1. Kennedy, Maureen Shawn MA, RN

Article Content

Despite a growing awareness among providers of the notion of evidence-based practice, many clinicians and policymakers are reluctant to make changes to practice, even in the face of overwhelming evidence of the need to do so. Several new challenges to current practice have arrived on the scene.


Current practice: withholding food during labor.

Tranmer and colleagues examined whether allowing women the option of eating what they wanted during early labor would decrease the incidence of dystocia (difficult or nonprogressing labor). They randomized more than 300 nulliparous women before labor began to receive either usual care, consisting of ice chips, popsicles, or sips of fluid while in the hospital, or an intervention, consisting of a "booklet containing easy-to-read guidelines on suggested nutrient and fluid intake during labor based on nutritional guidelines for individuals who participate in prolonged, moderate, aerobic exercise." (Oral intake was restricted, though, if the woman received epidural analgesia or developed intrapartum complications.)


The study data and patient questionnaires did not in fact support the authors' hypothesis that women encouraged to eat early in labor would fare better. But neither did the results reveal a sound basis for preventing them from doing so. There was no difference between the two groups in the rate of dystocia, nor were there differences in the rates of nausea or vomiting, both oft-cited reasons for restricting oral intake. In addition, there were no instances of gastric aspiration or death in either group.


Although the authors don't call for a change in current practice, they do recommend more research and telling patients about the study so that they can decide whether to bring food to the hospital.


Current practice: routine use of episiotomy during labor.

Despite a growing body of evidence indicating that the routine use of episiotomy isn't in women's best interests, the procedure is still common, occurring, according to many estimates, in nearly a third of all U.S. births. (In some settings, the rate may be as high as 80%.) The Agency for Healthcare Research and Quality recently performed a review of the English-language literature on the subject. Of nearly 1,000 articles identified, 26 met the inclusion criteria; five primary areas of investigation were determined.


The results showed that routine use of episiotomy confers no benefit. Women in groups in which the use of episiotomy was restricted (episiotomy rates ranged from 7.6% to 10.2%; in the routine-use groups, the range was 44% to 53%) had less-severe posterior perineal trauma and less need for suturing. They also were more likely to resume intercourse sooner and less likely to experience pain during intercourse.
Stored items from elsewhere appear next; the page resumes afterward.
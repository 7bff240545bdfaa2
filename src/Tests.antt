-- ===== src/Tests.antt =====
-- Runs of the models on concrete inputs.
mod Json
mod Annotation
mod Sync
mod Provider
mod Tui
mod Util
mod Session
mod Command
mod Repl
mod Config
mod Planner
mod Registry
mod Rounds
The authors write, "In the absence of benefit and with a potential for harm, a procedure should be abandoned. . . . [C]linicians have the opportunity to forestall approximately 1 million episiotomies each year that are not improving outcomes for mothers."
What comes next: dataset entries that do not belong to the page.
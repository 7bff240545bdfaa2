-- ===== src/Tests/Annotation.antt =====
-- src/annotation/annotation.cpp on concrete answers.
use llama_cli.Base.Int.{pos}
use llama_cli.Base.Collect.{collect}
use llama_cli.Annotation.Actions.{
  WriteAction, StrReplaceAction, ReadAction, SearchAction, AddLineAction, DeleteLineAction,
  DelegateAction,
}
use llama_cli.Annotation.Block.{attr, block_at, find_block, child_content}
use llama_cli.Annotation.Numbers.{stoi}
use llama_cli.Annotation.Parse.{
  parse_write_annotations, parse_str_replace_annotations, str_replace_step, parse_read_annotations,
  read_step, read_action, line_range, next_tag, parse_add_line_annotations,
  parse_delegate_annotations, delegate_step, trim_front, trim_back, parse_search_annotations,
  parse_delete_line_annotations,
}
use llama_cli.Annotation.Total.{parsers_total}
use llama_cli.Annotation.RoundTrip.{answer_text, IsWritable, parse_write-answer_text}
use llama_cli.Annotation.Strip.{
  strip_annotations, rewrite, summary, reset, strip_write_step, strip_str_replace_step,
  strip_read_step, strip_search_step, strip_add_line_step, strip_delete_line_step,
}
use llama_cli.Annotation.Runaway.{runaway, strip-runaway}
use llama_cli.Base.{◌≡◌, refl, none, some, List, [], ◌∷◌, ◌++◌, arith, codes, find, find_from}

replaced :
    parse_str_replace_annotations
      (codes "<str_replace path=\"a.c\"><old>x</old><new>y</new></str_replace>")
    ≡ some (record { path = codes "a.c"; old_str = codes "x"; new_str = codes "y" } ∷ [])
unfolding parse_str_replace_annotations collect str_replace_step find_block block_at attr
    child_content find_from
replaced = refl

-- the first number stays where the second is missing
half_range :
    parse_read_annotations (codes "<read path=\"a\" lines=\"10-\"/>")
    ≡ some (record { path = codes "a"; from_line = pos 10; to_line = pos 0; search = [] } ∷ [])
unfolding parse_read_annotations collect read_step next_tag read_action line_range stoi attr
    find_from
half_range = refl

delegated :
    parse_delegate_annotations (codes "<delegate type=\"code\">\n\ndo it\n</delegate>")
    ≡ some (record { role = codes "code"; prompt = codes "do it" } ∷ [])
unfolding parse_delegate_annotations collect delegate_step trim_front trim_back attr find_from
delegated = refl

stripped :
    strip_annotations [] [] 3 (codes "a <write file=\"p\">c</write> b")
    ≡ some (codes "a " ++ (codes "[proposed: write p]" ++ (reset ++ codes " b")))
unfolding strip_annotations rewrite summary strip_write_step strip_str_replace_step strip_read_step
    strip_search_step strip_add_line_step strip_delete_line_step find_from
stripped = refl

parsers_total_example :
    ((found : List WriteAction) × (parse_write_annotations (codes "<write file=") ≡ some found))
    × ((found : List StrReplaceAction) × (parse_str_replace_annotations (codes "<write file=")
          ≡ some found))
    × ((found : List ReadAction) × (parse_read_annotations (codes "<write file=") ≡ some found))
    × ((found : List SearchAction) × (parse_search_annotations (codes "<write file=") ≡ some found))
    × ((found : List AddLineAction) × (parse_add_line_annotations (codes "<write file=")
          ≡ some found))
    × ((found : List DeleteLineAction) × (parse_delete_line_annotations (codes "<write file=")
          ≡ some found))
    × ((found : List DelegateAction) × (parse_delegate_annotations (codes "<write file=")
          ≡ some found))
parsers_total_example = parsers_total (codes "<write file=")

abbrev hello : WriteAction
hello = record { path = codes "a.txt"; content = codes "<b>hi</b>\n" }

hello-IsWritable : IsWritable (codes "Sure: ") hello
hello-IsWritable = record {
  no_tag = omega arith;
  path_ne_nil = cc;
  no_quote = omega arith;
  no_bracket = omega arith;
  closed = unfold find in refl;
}

parse_write-answer_text_example :
    parse_write_annotations (answer_text ((codes "Sure: ", hello) ∷ []) (codes " Done."))
    ≡ some (hello ∷ [])
parse_write-answer_text_example =
    parse_write-answer_text ((codes "Sure: ", hello) ∷ []) (codes " Done.") (hello-IsWritable, tt)
      (omega arith)

strip-runaway_example : strip_annotations [] [] 1000 (runaway (codes "ok ") (codes " ") []) ≡ none
strip-runaway_example =
    strip-runaway [] [] (codes "ok ") (codes " ") [] tt (omega arith) (omega arith)
      (unfold find in refl) 1000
Current practice: withholding food from children before surgery.

The practice of having children fast before surgery, often for 12 hours or more, is still common, despite insufficient supporting evidence and several guidelines recommending the opposite. Brady and colleagues reviewed randomized, controlled trials for the Cochrane Collaboration to "systematically identify, appraise and synthesise the evidence of the effects of different preoperative fasting regimens" in children.
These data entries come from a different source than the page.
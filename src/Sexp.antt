-- ===== src/Sexp.antt =====
-- src/sexp.c: S-expressions, read from text, matched, measured and turned into text.
pub mod Match
pub mod Print
pub mod Parse
pub mod Atoms
pub mod Blank
pub mod Fuel
pub mod Paths
use adam.Base.{
  ℕ, zero, suc, ◌+◌, ◌-◌, Bool, true, false, not, ◌&&◌, ◌||◌, Option, none, some, List, [], ◌∷◌,
  ◌++◌, ◌==◌, if◌then◌else◌, length,
}
use adam.Stringpool.{Str, Hash, hash_func}
use adam.Stringpool.Intern.{hash_equal}

-- The address of a pooled string: the pool gives one address for each hash and string.
pub record Pooled : Type 0 where
  pub hash : Hash
  pub str : Str

-- `stringpool_query`
abbrev pub pooled : Str → Pooled
pooled s = record { hash = hash_func s; str = s }

unfoldable pub same_str : Str → Str → Bool
same_str [] [] = true
same_str [] (y ∷ ys) = false
same_str (x ∷ xs) [] = false
same_str (x ∷ xs) (y ∷ ys) = (x == y) && same_str xs ys

-- `==` of two addresses.
unfoldable pub same_address : Pooled → Pooled → Bool
unfolding same_str
same_address a b = hash_equal a.hash b.hash && same_str a.str b.str

-- NIL is the null pointer. A cons keeps the byte after its first element.
pub data Sexp : Type 0 where
  nil : Sexp
  lit : Pooled → Sexp
  str : Pooled → Sexp
  cons : ℕ → Sexp → Sexp → Sexp

-- What a call may give back: the address of a string or an expression.
pub data Value : Type 0 where
  string_at : Pooled → Value
  sexp_at : Sexp → Value

-- The bytes of patterns and separators.
abbrev pub char_C : ℕ
char_C = 67

abbrev pub char_L : ℕ
char_L = 76

abbrev pub char_S : ℕ
char_S = 83

abbrev pub char_A : ℕ
char_A = 65

abbrev pub underscore : ℕ
underscore = 95

abbrev pub question : ℕ
question = 63

abbrev pub equals : ℕ
equals = 61

abbrev pub slash : ℕ
slash = 47

abbrev pub open_paren : ℕ
open_paren = 40

-- The argument for a place of a pattern: a string for `=`, a place to write to for `?`.
pub data Arg : Type 0 where
  given : Pooled → Arg
  out : Arg

abbrev pub Matched : Type 0
Matched = Bool × Option Value

-- Does the type of the expression agree with the letter?
unfoldable pub type_agrees : ℕ → Sexp → Bool
type_agrees tc nil = false
type_agrees tc (lit p) = (tc == char_L) || (tc == underscore)
type_agrees tc (str p) = (tc == char_S) || (tc == underscore)
type_agrees tc (cons s a b) = (tc == char_C) || (tc == underscore)

-- `this_chr == *(const char**)sexpr->data`; the argument for `=` is a string.
unfoldable pub verify : Arg → Sexp → Bool
unfolding same_address
verify (given p) (lit q) = same_address p q
verify (given p) (str q) = same_address p q
verify (given p) e = false
verify out e = false

-- What `?` stores: the string, or the expression itself.
unfoldable pub stored : ℕ → Sexp → Value
stored tc (lit p) = if tc == underscore then sexp_at (lit p) else string_at p
stored tc (str p) = if tc == underscore then sexp_at (str p) else string_at p
stored tc e = sexp_at e

unfoldable pub is_cons : Sexp → Bool
is_cons (cons s a b) = true
is_cons e = false

-- `_sexp_match_one` on an expression that is not NIL.
unfoldable pub match_some : ℕ → ℕ → Arg → Sexp → Matched
unfolding type_agrees verify stored is_cons
match_some tc sc arg e =
    if not (type_agrees tc e) || (sc == 0)
    then (false, none)
    else if (sc == equals) && (is_cons e || (tc == underscore))
    then (false, none)
    else if sc == equals
    then (verify arg e, none)
    else (true, (if sc == question then some (stored tc e) else none))

unfoldable pub match_one : ℕ → ℕ → Arg → Sexp → Matched
unfolding match_some
match_one tc sc arg nil =
    if (tc == char_C) && (sc == question) then (true, some (sexp_at nil)) else (false, none)
match_one tc sc arg (lit p) = match_some tc sc arg (lit p)
match_one tc sc arg (str p) = match_some tc sc arg (str p)
match_one tc sc arg (cons s a b) = match_some tc sc arg (cons s a b)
Different durations of fasting were examined, as well as types of food or fluid allowed. The primary outcomes included the rates of adverse events such as aspiration or regurgitation (or both) or complications arising from aspiration such as pneumonia or death. Gastric contents were measured. Secondary outcomes included thirst and hunger, pain, comfort, and nausea and vomiting.


Again, the available data revealed there is no benefit to the current practice. According to the review authors, "there is no evidence to indicate that children permitted fluids up to 120 minutes preoperatively experience higher gastric volumes or lower gastric pH values than those children who fasted." They added that children who are not thirsty and hungry are "better behaved and more comfortable."


Whether these three studies will have an effect on current practice is unknown. In the latter two cases at least, the data were already there and recommendations have been made. For real change to be effected, clinicians and policymakers will need to start paying attention to them. -Doug Brandt


Tranmer JE, et al. J Obstet Gynecol Neonatal Nurs 2005;34(3):319-28;Hartmann K, et al. JAMA 2005;293(17): 2141-8;Brady M, et al. Preoperative fasting for preventing perioperative complications in children (Cochrane review). In:The Cochrane library, Issue 2, 2005. Chichester, UK: John Wiley and Sons; 2005.